Green Tomatoes May Help Prevent And Treat Muscle Atrophy
April Flowers for redOrbit.com – Your Universe Online
Muscle atrophy, or wasting, is a problem caused by aging and a variety of illnesses and injuries. The surprising answer to this according to a new study from the University of Iowa might be green tomatoes.
The research team, led by Christopher Adams, M.D., Ph.D., UI associate professor of internal medicine and molecular physiology and biophysics, used a screening method that previously helped them identify a compound in apple peel as a muscle-boosting agent. The team has now discovered that tomatidine, a compound found in green tomatoes, is even more potent than apple peel for building muscle and protecting against muscle atrophy.
Muscle atrophy can be caused by such conditions as cancer, heart failure, or orthopedic injuries. People suffering from atrophy become weak and fatigued, their physical activity and quality of life become impaired, and they are predisposed to falls and fractures. More than 50 million Americans are affected annually, including 30 million over the age of 60. People with muscle atrophy are often forced into nursing homes and rehab facilities.
“Muscle atrophy causes many problems for people, their families, and the health care system in general,” said Adams. “However, we lack an effective way to prevent or treat it. Exercise certainly helps, but it’s not enough and not very possible for many people who are ill or injured.”
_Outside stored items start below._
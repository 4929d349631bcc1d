-- ===== src/Spans/Events.antt =====
-- The events of a program of spans, in the order of its records.
use mathlib.Core.Path.{subst}
use logquill_python.Base.{
  String, string_eq, false, Option, none, some, List, [], ◌∷◌, ◌++◌, ◌≡◌, refl, sym, ap, ◌∙◌, ◌==◌,
  contains, arith,
}
use logquill_python.Dict.{update}
use logquill_python.Dict.Updates.{get-update_absent}
use logquill_python.Value.{str, Meta}
use logquill_python.TraceTree.{named}
use logquill_python.Spans.{
  Span, span_meta, Block, logs, spans, binds, throws, catches, Blocks, done, next,
}
use logquill_python.Spans.Scope.{Scoped, inside, then_scoped, scoped, scoped_all}
use logquill_python.Spans.Metas.{
  IsPlain, span-inside_plain, parent-inside, parent-span_meta, span-inside_span,
}
use logquill_python.Spans.Ordered.{
  Mark, mark, marks, marks-append, saw_all, ids_of, ids_of_all, IsTidy, AreTidy, Emits, IsAround,
  AreGiven, named_value, nothing-Emits, event-Emits, append-Emits, short-Emits, span-Emits,
  contains-append,
}

then-Emits :
    (seen used ids more : List String) (first rest : Scoped)
    → Emits seen used ids (marks first.records)
    → Emits (saw_all seen (marks first.records)) (ids ++ used) more (marks rest.records)
    → Emits seen used (ids ++ more) (marks (then_scoped first rest).records)
then-Emits seen used ids more first rest a b = by_raised first.records first.raised a b
  where
    by_raised :
        (records : List Meta) (raised : Option String)
        → Emits seen used ids (marks records)
        → Emits (saw_all seen (marks records)) (ids ++ used) more (marks rest.records)
        → Emits seen used
            (ids ++ more)
            (marks (then_scoped (record { records = records; raised = raised }) rest).records)
    by_raised records none a b =
        subst (Emits seen used (ids ++ more)) (sym (marks-append records rest.records))
          (append-Emits seen used ids more (marks records) (marks rest.records) a b)
    by_raised records (some error) a b = short-Emits seen used ids more (marks records) a

mark-event :
    (seen used : List String) (p : Option String) (context meta : Meta)
    → IsAround seen used p
    → IsPlain context
    → IsPlain meta
    → mark (inside p context meta) ≡ (none, p)
mark-event seen used p context meta around c m = λ i. (
  ap named (span-inside_plain p context meta c m) i,
  (ap named (parent-inside p context meta c m.1) ∙ named_value seen used p around) i,
)

mark-span :
    (seen used : List String) (p : Option String) (context : Meta) (span : Span)
    (raised : Option String)
    → IsAround seen used p
    → IsPlain context
    → (span.span_id == "") ≡ false
    → span.explicit_parent ≡ none
    → IsPlain span.meta
    → mark (inside p context (span_meta span raised)) ≡ (some span.span_id, p)
mark-span seen used p context span raised around c nonempty own m = λ i. (
  (ap named (span-inside_span p context span raised own m) ∙ kept_name span.span_id nonempty) i,
  (ap named (parent-inside p context (span_meta span raised) c (parent-span_meta span raised own m))
        ∙ named_value seen used p around)
      i,
)
  where
    kept_name : (id : String) → (id == "") ≡ false → named (some (str id)) ≡ some id
    kept_name id h = rw h refl

update-IsPlain :
    (context values : Meta) → IsPlain context → IsPlain values → IsPlain (update context values)
update-IsPlain context values c v = (
  get-update_absent context values "span_id" v.0 ∙ c.0,
  get-update_absent context values "parent_span_id" v.1 ∙ c.1,
)

saw_all-given :
    (seen used ids : List String) (l : List Mark)
    → Emits seen used ids l
    → AreGiven (saw_all seen l) (ids ++ used)
saw_all-given seen used ids l a = a.within

IsAround-later :
    (seen used ids : List String) (l : List Mark) (p : Option String)
    → Emits seen used ids l
    → IsAround seen used p
    → IsAround (saw_all seen l) (ids ++ used) p
IsAround-later seen used ids l none a around = tt
IsAround-later seen used ids l (some p) a (nonempty, held, unseen) =
    (nonempty, ground (arith, held, contains-append ids used p), a.old_same p held ∙ unseen)

IsAround-inner :
    (seen used : List String) (id : String)
    → AreGiven seen used
    → (id == "") ≡ false
    → contains used id ≡ false
    → IsAround seen (id ∷ used) (some id)
IsAround-inner seen used id given nonempty fresh =
    (nonempty, ground (arith, string_eq.same_iff id id), ground (arith, given id, fresh))

given_inner :
    (seen used : List String) (id : String) → AreGiven seen used → AreGiven seen (id ∷ used)
given_inner seen used id given x h = ground (arith, given x h)

mutual
  unfolding scoped ids_of IsTidy

  pub scoped-Emits :
      (block : Block) (p : Option String) (context : Meta) (seen used : List String)
      → AreGiven seen used
      → IsAround seen used p
      → IsPlain context
      → IsTidy used block
      → Emits seen used (ids_of block) (marks (scoped block p context).records)
  scoped-Emits (logs meta) p context seen used given around c tidy =
      subst (λ (m : Mark). Emits seen used [] (m ∷ []))
        (sym (mark-event seen used p context meta around c tidy))
        (event-Emits seen used p given around)
  scoped-Emits (spans span body) p context seen used given around c
        (nonempty, fresh, own, m, tidy) =
      let id = span.span_id in
      let inner = scoped_all body (some id) context in
      let e = mark-span seen used p context span inner.raised around c nonempty own m in
      subst (Emits seen used (id ∷ ids_of_all body))
        (sym (
          marks-append inner.records (inside p context (span_meta span inner.raised) ∷ [])
          ∙ ap (λ (k : Mark). marks inner.records ++ k ∷ []) e))
        (span-Emits seen used (ids_of_all body) p id (marks inner.records) around fresh (
          scoped_all-Emits body (some id) context seen (id ∷ used) (given_inner seen used id given)
            (IsAround-inner seen used id given nonempty fresh) c tidy))
  scoped-Emits (binds values body) p context seen used given around c (v, tidy) =
      scoped_all-Emits body p (update context values) seen used given around
        (update-IsPlain context values c v) tidy
  scoped-Emits (throws error) p context seen used given around c tidy =
      nothing-Emits seen used given
  scoped-Emits (catches body) p context seen used given around c tidy =
      scoped_all-Emits body p context seen used given around c tidy

  scoped_all-Emits :
      (body : Blocks) (p : Option String) (context : Meta) (seen used : List String)
      → AreGiven seen used
      → IsAround seen used p
      → IsPlain context
      → AreTidy used body
      → Emits seen used (ids_of_all body) (marks (scoped_all body p context).records)
  scoped_all-Emits done p context seen used given around c tidy = nothing-Emits seen used given
  scoped_all-Emits (next block rest) p context seen used given around c (tidy, more) =
      let a = scoped-Emits block p context seen used given around c tidy in
      let here = marks (scoped block p context).records in
      then-Emits seen used (ids_of block) (ids_of_all rest) (scoped block p context)
        (scoped_all rest p context) a
        (scoped_all-Emits rest p context (saw_all seen here) (ids_of block ++ used) a.within
          (IsAround-later seen used (ids_of block) here p a around) c more)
Adams and his team started the study trying to find a small molecule compound that might be useful in treating muscle atrophy. Using a system biology tool known as the Connectivity Map — developed at the Broad Institute of MIT and Harvard University — the team focused in on tomatidine. The gene expression changes generated by tomatidine are essentially the opposite of the changes that happen in muscle cells when they are affected by muscle atrophy.
“That result was important because we are looking for something that can help people,” Adams said.
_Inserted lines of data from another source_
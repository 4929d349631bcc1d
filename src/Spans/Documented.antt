-- ===== src/Spans/Documented.antt =====
-- The order of the records that a program of spans writes, and what it means for the trace tree.
use mathlib.Core.Path.{subst}
use logquill_python.Base.{
  String, string_eq, Option, none, some, List, [], ◌∷◌, ◌≡◌, refl, ap, ◌∙◌, arith, length,
  Bool-cases, inl, inr,
}
use logquill_python.Dict.{get}
use logquill_python.Value.{dict, Meta, of_entries, entries-of_entries}
use logquill_python.TraceTree.{
  dict_or_empty, meta_of, named, belongs, span_id, parent_span_id, build_trace,
}
use logquill_python.TraceTree.Order.{InOrder, IsOpen, saw}
use logquill_python.TraceTree.Kept.{kept}
use logquill_python.TraceTree.Totals.{sum_own, sum_roots, build_trace-sum_roots}
use logquill_python.Spans.{Vars, Block, Outcome, run}
use logquill_python.Spans.Scope.{scoped, run-refines_scope}
use logquill_python.Spans.Ordered.{marks, span_of, parent_of, AllInOrder, IsTidy, AreGiven}
use logquill_python.Spans.Events.{scoped-Emits}

-- The entries of a file have these `meta`s; the rest of each is what it is.
abbrev pub HasMeta : Meta → Meta → Type 0
HasMeta entry meta = get entry "meta" ≡ some (dict (of_entries meta))

abbrev pub AreLines : List Meta → List Meta → Type 0
AreLines [] [] = Unit
AreLines [] (_ ∷ _) = ⊥
AreLines (_ ∷ _) [] = ⊥
AreLines (entry ∷ file) (meta ∷ records) = HasMeta entry meta × AreLines file records

meta_of-line : (entry meta : Meta) → HasMeta entry meta → meta_of entry ≡ meta
meta_of-line entry meta h = ap dict_or_empty h ∙ entries-of_entries meta

span_id-line : (entry meta : Meta) → HasMeta entry meta → span_id entry ≡ span_of meta
unfolding span_id
span_id-line entry meta h = ap (λ (m : Meta). named (get m "span_id")) (meta_of-line entry meta h)

parent_span_id-line :
    (entry meta : Meta) → HasMeta entry meta → parent_span_id entry ≡ parent_of meta
unfolding parent_span_id
parent_span_id-line entry meta h =
    ap (λ (m : Meta). named (get m "parent_span_id")) (meta_of-line entry meta h)

IsOpen-fewer :
    (fewer seen : List String) (p : Option String)
    → AreGiven fewer seen
    → IsOpen seen p
    → IsOpen fewer p
IsOpen-fewer fewer seen none given h = tt
IsOpen-fewer fewer seen (some p) given h = ground (arith, given p, h)

given_saw :
    (fewer seen : List String) (o : Option String)
    → AreGiven fewer seen
    → AreGiven (saw fewer o) (saw seen o)
given_saw fewer seen none given x h = given x h
given_saw fewer seen (some s) given x h = ground (arith, given x, h)

given_skip :
    (fewer seen : List String) (o : Option String)
    → AreGiven fewer seen
    → AreGiven fewer (saw seen o)
given_skip fewer seen none given x h = given x h
given_skip fewer seen (some s) given x h = ground (arith, given x, h)

-- in the records of one run, which are some of those of the file
AreLines-InOrder :
    (run_id : String) (fewer seen : List String) (file records : List Meta)
    → AreLines file records
    → AreGiven fewer seen
    → AllInOrder seen (marks records)
    → InOrder run_id fewer file
AreLines-InOrder run_id fewer seen [] records l given a = tt
AreLines-InOrder run_id fewer seen (entry ∷ file) [] l given a = absurd l
AreLines-InOrder run_id fewer seen (entry ∷ file) (meta ∷ records) (h, l) given (first, more) =
    elim (Bool-cases (belongs run_id entry)) [
      | inl e ↦
          rw (e, span_id-line entry meta h, parent_span_id-line entry meta h)
            (
              IsOpen-fewer (saw fewer (span_of meta)) (saw seen (span_of meta)) (parent_of meta)
                  (given_saw fewer seen (span_of meta) given) first,
              AreLines-InOrder run_id (saw fewer (span_of meta)) (saw seen (span_of meta)) file
                  records l (given_saw fewer seen (span_of meta) given) more,
            )
      | inr e ↦ rw e (
          AreLines-InOrder run_id fewer (saw seen (span_of meta)) file records l
            (given_skip fewer seen (span_of meta) given) more)
    ]

abbrev pub outside : Vars
outside = record { span_id = none; context = none }

-- A program whose spans have different ids that are not empty, and whose calls and contexts name no
-- span and no parent themselves, writes its records in the order that the trace tree relies on, for
-- every run, also where blocks raise.
pub run-InOrder :
    (block : Block) (run_id : String) (file : List Meta)
    → IsTidy [] block
    → AreLines file (run block outside).records
    → InOrder run_id [] file
run-InOrder block run_id file tidy l =
    AreLines-InOrder run_id [] [] file (scoped block none []).records
      (subst (λ (o : Outcome). AreLines file o.records) (run-refines_scope block outside) l)
      (λ x h. h)
      (scoped-Emits block none [] [] [] (λ x h. h) tt (unfold get in (refl, refl)) tidy).ordered

-- If the `meta`s of a file are those that such a program wrote, one after the other, then the rollups
-- of the roots of each run's trace add up to the tokens of the run's records, each counted once.
pub run-sum_roots :
    (block : Block) (run_id : String) (file : List Meta)
    → IsTidy [] block
    → AreLines file (run block outside).records
    → let b = build_trace file run_id in
      let shown = sum_roots (length b.store) b in
      let own = sum_own (kept run_id file) in
      (shown.tokens_in ≡ own.tokens_in) × (shown.tokens_out ≡ own.tokens_out)
run-sum_roots block run_id file tidy l =
    build_trace-sum_roots run_id file (run-InOrder block run_id file tidy l)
Next, the team began to feed a diet of tomatidine to mice, finding that healthy mice on this diet grew bigger muscles, became stronger and could exercise longer. More importantly, tomatidine was found to prevent and treat muscle atrophy.
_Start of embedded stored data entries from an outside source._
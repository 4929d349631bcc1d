-- ===== src/Stamps.antt =====
-- Plugins that write to `meta`: `logquill/plugins/redact_plugin.py`, `context_plugin.py` and
-- `run_plugin.py`. Keys are lowered as ASCII texts.
pub mod Reads
use logquill_python.Base.{
  ℕ, ◌+◌, String, string_eq, Bool, true, false, ◌||◌, Option, none, some, List, [], ◌∷◌, contains,
  ◌==◌, if◌then◌else◌,
}
use logquill_python.Base.Int.{pos}
use logquill_python.Base.Text.{codes, lower, codes_eq}
use logquill_python.Dict.{put, set_default, update}
use logquill_python.Value.{Value, str, int, Meta}
use logquill_python.Records.{Record}

-- `RedactPlugin`
pub record Redact : Type 0 where
  pub keys : List (List ℕ)
  pub replacement : String

abbrev pub lowered : List String → List (List ℕ)
lowered [] = []
lowered (k ∷ ks) = lower (codes k) ∷ lowered ks

-- `__init__`, for the keys of `keys` and of `classes` together
unfoldable pub new_redact : List String → String → Redact
new_redact keys replacement = record { keys = lowered keys; replacement = replacement }

unfoldable pub redact_value : Redact → String → Value → Value
redact_value p key value = if contains p.keys (lower (codes key)) then str p.replacement else value

unfoldable pub redact_meta : Redact → Meta → Meta
unfolding redact_value
redact_meta p [] = []
redact_meta p ((key, value) ∷ meta) = (key, redact_value p key value) ∷ redact_meta p meta

-- `RedactPlugin.before_log`
unfoldable pub redact : Redact → Record → Record
unfolding redact_meta
redact p r = record r { meta = redact_meta p r.meta }

-- `RedactPlugin.redact_local`
unfoldable pub redact_local : Redact → String → String → String
redact_local p name text = if contains p.keys (lower (codes name)) then p.replacement else text

-- `ContextPlugin.before_log`, with the `context` that the plugin holds
unfoldable pub add_context : Meta → Record → Record
add_context context r = record r { meta = update context r.meta }

-- `RunPlugin`
pub record Run : Type 0 where
  pub run_id : String
  pub next_step : ℕ

-- `__init__`, with the id that `uuid.uuid4().hex` gives
unfoldable pub new_run : Option String → String → Run
new_run none fresh = record { run_id = fresh; next_step = 0 }
new_run (some run_id) fresh = record {
  run_id = if run_id == "" then fresh else run_id;
  next_step = 0;
}

-- `RunPlugin.before_log`
unfoldable pub number : Run → Record → Record × Run
number p r = (
  record r {
    meta = put (set_default r.meta "run_id" (str p.run_id)) "step" (int (pos p.next_step));
  },
  record p { next_step = p.next_step + 1 },
)

unfoldable pub number_all : Run → List Record → List Record × Run
unfolding number
number_all p [] = ([], p)
number_all p (r ∷ rs) =
    let (r', p') = number p r in let (rs', p'') = number_all p' rs in (r' ∷ rs', p'')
The team was surprised to find that despite the larger muscles of mice fed tomatidine, the overall body weight of the mice did not change due to a loss of fat. This suggests that tomatidine might have applications for treating obesity, as well.
One of the most attractive qualities of tomatidine for treating muscle atrophy is that it is a natural compound, produced when alpha-tomatine, which is found in tomato plants and in green tomatoes in particular, is digested in the gut.
“Green tomatoes are safe to eat in moderation. But we don’t know how many green tomatoes a person would need to eat to get a dose of tomatidine similar to what we gave the mice. We also don’t know if such a dose of tomatidine will be safe for people, or if it will have the same effect in people as it does in mice,” Adams added. “We are working hard to answer these questions, hoping to find relatively simple ways that people can maintain muscle mass and function, or if necessary, regain it.”
This same research strategy helped the team to identify ursolic acid from apple peels as a compound that promotes muscle growth.
“Tomatidine is significantly more potent than ursolic acid and appears to have a different mechanism of action. This is a step in the right direction,” Adams said. “We are now very interested in the possibility that several food-based natural compounds such as tomatidine and ursolic acid might someday be combined into science-based supplements, or even simply incorporated into everyday foods to make them healthier.”
A biotech company called Emmyon has been formed by Adams and his colleagues to accelerate this research and translate it to people. To promote the development of strategies for preserving muscle mass and function during the aging process, Emmyon recently received funding from the National Institutes of Health (NIH). Tomatidine and ursolic acid are also being used by the company as natural leads to create new therapies targeting muscle atrophy and obesity.
The results were published in a recent issue of the Journal of Biological Chemistry.